Memory vs. climate change: Summer then, heat panic today? Why such memories are deceptive

"When I was a child, there were only summers like this," says the aunt over coffee and cake.

Memory vs. climate change: Summer then, heat panic today? Why such memories are deceptive

"When I was a child, there were only summers like this," says the aunt over coffee and cake. "We used to have no heat," agrees her son. But today, according to the complaint, the high temperatures are being exaggerated and panic is being stirred up. Welcome to the summer of 2022! Now, at the latest, the small-talk topic of the weather has become a political issue.

People who, in their opinion, can remember their own summer youth down to the last detail play on the keyboard of nostalgic impressions, just like climate change deniers. Many decades later, they still want to remember how they allegedly spent weeks every year in the city pool in high temperatures and hours of sunshine.

"Personal record moments and extremes are what remain in the memory," says meteorologist Andreas Friedrich from the German Weather Service (DWD). Especially warm and sunny summers are more memorable than the rainy and colder ones. "People don't remember things statistically," said the expert in an interview with the German Press Agency.

The famous song by Rudi Carrell shows that not everything was sunshine and roses in the past. There must have been a reason why the entertainer warbled longingly in May 1975 when it would really be summer again. In August of the same year it is actually hot: there is a moderate heat wave with temperatures up to around 35 degrees Celsius.

However, it is not easy to conclude from such individual events that it used to be just as hot as it is today. Not even from decades-old newspaper headlines and articles that are posted up and down on social media and in which actual or supposed record temperatures were reported at the time.

"A single extreme event is always just a manifestation of weather," said Karsten Haustein from the Institute for Meteorology at the University of Leipzig the Science Media Center (SMC). This could theoretically occur under many climate conditions. "What is changing is the frequency of certain weather patterns, such as heat and precipitation extremes."

"Weather and climate are often confused," says meteorologist Friedrich. Trends can only be seen by observing the weather over a longer period of time — around 30 years. So the following applies: the decisive factor is the data, not the feeling.

According to DWD data, in June between 1991 and 2020 it was on average one degree warmer than between 1961 and 1990. This year's exceptionally warm, very dry and extremely sunny June was even two degrees higher at 18.4 degrees.

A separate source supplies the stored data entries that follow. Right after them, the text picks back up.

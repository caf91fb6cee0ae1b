-- ===== src/Xml/RoundTrip.antt =====
-- The title that is written is character data, and is read as the title.
use swishxx.Common.{
  ℕ, zero, suc, ◌<◌, ◌≡◌, refl, sym, ◌∙◌, arith, true, false, List, [], ◌∷◌, ◌++◌, Option, none,
  some, ◌==◌, ==_iff, if◌then◌else◌, Bool-cases, Option-cases, inl, inr, length, codes,
  append_assoc, length-append, length-snoc,
}
use swishxx.Posting.{◌>>=◌}
use swishxx.Stem.{list_eq}
use swishxx.Filter.{find_first_of}
use swishxx.Filter.Search.{find_here, find_next, find_end, replace_here, move_on}
use swishxx.Xml.{replace_loop, escape, has_special, write_title}

module _ (c : ℕ) (text : List ℕ) where
  -- Each character that is the one is replaced.
  unfoldable pub replaced : List ℕ → List ℕ
  replaced [] = []
  replaced (d ∷ s) = let rest = replaced s in if c == d then text ++ rest else d ∷ rest

  replace_step :
      (fuel : ℕ) (out : List ℕ) (d : ℕ) (s : List ℕ)
      → (c == d) ≡ true
      → replace_loop c text (suc fuel) (out ++ (d ∷ s)) (length out)
        ≡ replace_loop c text fuel ((out ++ text) ++ s) (length (out ++ text))
  unfolding replace_loop
  replace_step fuel out d s h =
      rw (find_here out (c ∷ []) d s (rw h refl), replace_loop)
        (rw (replace_here out (d ∷ []) s text, length-append out text) refl)

  skip_step :
      (fuel : ℕ) (out : List ℕ) (d : ℕ) (s : List ℕ)
      → (c == d) ≡ false
      → replace_loop c text fuel (out ++ (d ∷ s)) (length out)
        ≡ replace_loop c text fuel ((out ++ (d ∷ [])) ++ s) (length (out ++ (d ∷ [])))
  unfolding replace_loop
  skip_step zero out d s h = sym (move_on out d s)
  skip_step (suc fuel) out d s h =
      rw (move_on out d s, length-snoc out d)
        (rw (find_next out (c ∷ []) d s (rw h refl), replace_loop) refl)

  replace_loop-replaced :
      (s out : List ℕ) (fuel : ℕ)
      → length s < fuel
      → replace_loop c text fuel (out ++ s) (length out) ≡ out ++ replaced s
  unfolding replace_loop replaced
  replace_loop-replaced s out zero l = absurd (omega arith)
  replace_loop-replaced [] out (suc fuel) l = rw (find_end out (c ∷ []), replace_loop) refl
  replace_loop-replaced (d ∷ s) out (suc fuel) l = elim (Bool-cases (c == d)) [
    | inl y ↦
        replace_step fuel out d s y
        ∙ (replace_loop-replaced s (out ++ text) fuel (omega arith)
            ∙ rw (y, replaced) (append_assoc out text (replaced s)))
    | inr n ↦
        skip_step (suc fuel) out d s n
        ∙ (replace_loop-replaced s (out ++ (d ∷ [])) (suc fuel) (omega arith)
            ∙ rw (n, replaced) (append_assoc out (d ∷ []) (replaced s)))
  ]

-- A reader of character data with references, by the grammar of XML: no "<" may stand there, and an "&" begins the
-- name of an entity, which a ";" ends; in a name, `reference` is what was read of it.
abbrev entity : List ℕ → Option ℕ
entity name =
    if list_eq name (codes "amp")
    then some b'&'
    else if list_eq name (codes "lt")
    then some b'<'
    else if list_eq name (codes "gt")
    then some b'>'
    else none

unfoldable pub char_data : Option (List ℕ) → List ℕ → Option (List ℕ)
unfolding list_eq
char_data none [] = some []
char_data (some reference) [] = none
char_data none (c ∷ s) =
    let rest = char_data none s in
    let named = char_data (some []) s in
    if b'<' == c then none else if b'&' == c then named else (rest >>= λ r. some (c ∷ r))
char_data (some reference) (c ∷ s) =
    let rest = char_data none s in
    let more = char_data (some (reference ++ (c ∷ []))) s in
    if b';' == c then (entity reference >>= λ e. rest >>= λ r. some (e ∷ r)) else more

ampersands : List ℕ → List ℕ
ampersands = replaced b'&' (codes "&amp;")

both : List ℕ → List ℕ
both s = replaced b'<' (codes "&lt;") (ampersands s)

escape-both : (s : List ℕ) → escape s ≡ both s
unfolding escape both ampersands
escape-both s =
    rw (replace_loop-replaced b'&' (codes "&amp;") s [] (suc (length s)) (omega arith)) (
      replace_loop-replaced b'<' (codes "&lt;") (replaced b'&' (codes "&amp;") s) [] _
        (omega arith))

char_data-both : (s : List ℕ) → char_data none (both s) ≡ some s
unfolding char_data both ampersands replaced list_eq
char_data-both [] = refl
char_data-both (d ∷ s) = elim (Bool-cases (b'&' == d)) [
  | inl y ↦ let same : b'&' ≡ d = (==_iff b'&' d).0 y in rw (← same, char_data-both s) refl
  | inr n ↦ elim (Bool-cases (b'<' == d)) [
    | inl y ↦ let same : b'<' ≡ d = (==_iff b'<' d).0 y in rw (← same, char_data-both s) refl
    | inr m ↦ rw (n, m) (rw (n, m, char_data-both s) refl)
  ]
]

-- A title without either character is character data as it is.
char_data-plain : (s : List ℕ) → find_first_of s (codes "&<") 0 ≡ none → char_data none s ≡ some s
unfolding char_data find_first_of
char_data-plain [] h = refl
char_data-plain (d ∷ s) h = elim (Bool-cases (b'&' == d)) [
  | inl y ↦ cc (rw y at h)
  | inr n ↦ elim (Bool-cases (b'<' == d)) [
    | inl y ↦ cc (rw (n, y) at h)
    | inr m ↦ elim (Option-cases (find_first_of s (codes "&<") 0)) [
      | inl e ↦ rw (n, m, char_data-plain s e) refl
      | inr (p, e) ↦ cc (rw (n, m, e) at h)
    ]
  ]
]

nothing_special : (s : List ℕ) → has_special s ≡ false → find_first_of s (codes "&<") 0 ≡ none
unfolding has_special
nothing_special s h = elim (Option-cases (find_first_of s (codes "&<") 0)) [
  | inl e ↦ e
  | inr (p, e) ↦ cc (rw (e, has_special) at h)
]

-- For every title, what is written between its tags is character data of XML, as far as "<" and "&" go, and the
-- title is what a reader reads there.
pub char_data-write_title : (title : List ℕ) → char_data none (write_title title) ≡ some title
unfolding write_title
char_data-write_title title = elim (Bool-cases (has_special title)) [
  | inl y ↦ rw (y, escape-both title) (char_data-both title)
  | inr n ↦ rw n (char_data-plain title (nothing_special title n))
]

"A heatwave that would have been an event of the century without climate change is now a normal summer," quotes the SMC as saying Friederike Otto of the Environmental Change Institute at the University of Oxford. "What would have been impossible without climate change are now the new extreme events."

One value impressively demonstrates this: 40 degrees Celsius. This temperature was exceeded at two weather stations in Germany for the first time in 1983 - a good 100 years after weather records began in 1881. The next time the mark was broken 20 years later in the legendary "summer of the century" in 2003. After another twelve years, more than 40 degrees were measured again in August 2015 at three stations, four years later in July 2019 even at 25.

The gaps are getting shorter: now only three years have passed until the value was torn again this July. "In 20 years, a temperature of more than 40 degrees will possibly be measured somewhere in Germany every summer," says Friedrich. "Heat waves will increase, there will always be record temperatures."

DWD meteorologist Adrian Leyser certifies that voices claiming that there were often days with more than 40 degrees in the past are "at best" a "distorted, subjective perception".

"In Europe, the number of heat waves will continue to increase dramatically in the coming decades," agrees the Leipzig climate researcher Haustein. The short phases of particularly intense heat in the current summer and in previous years "should be warning enough to deal with adaptation measures in good time".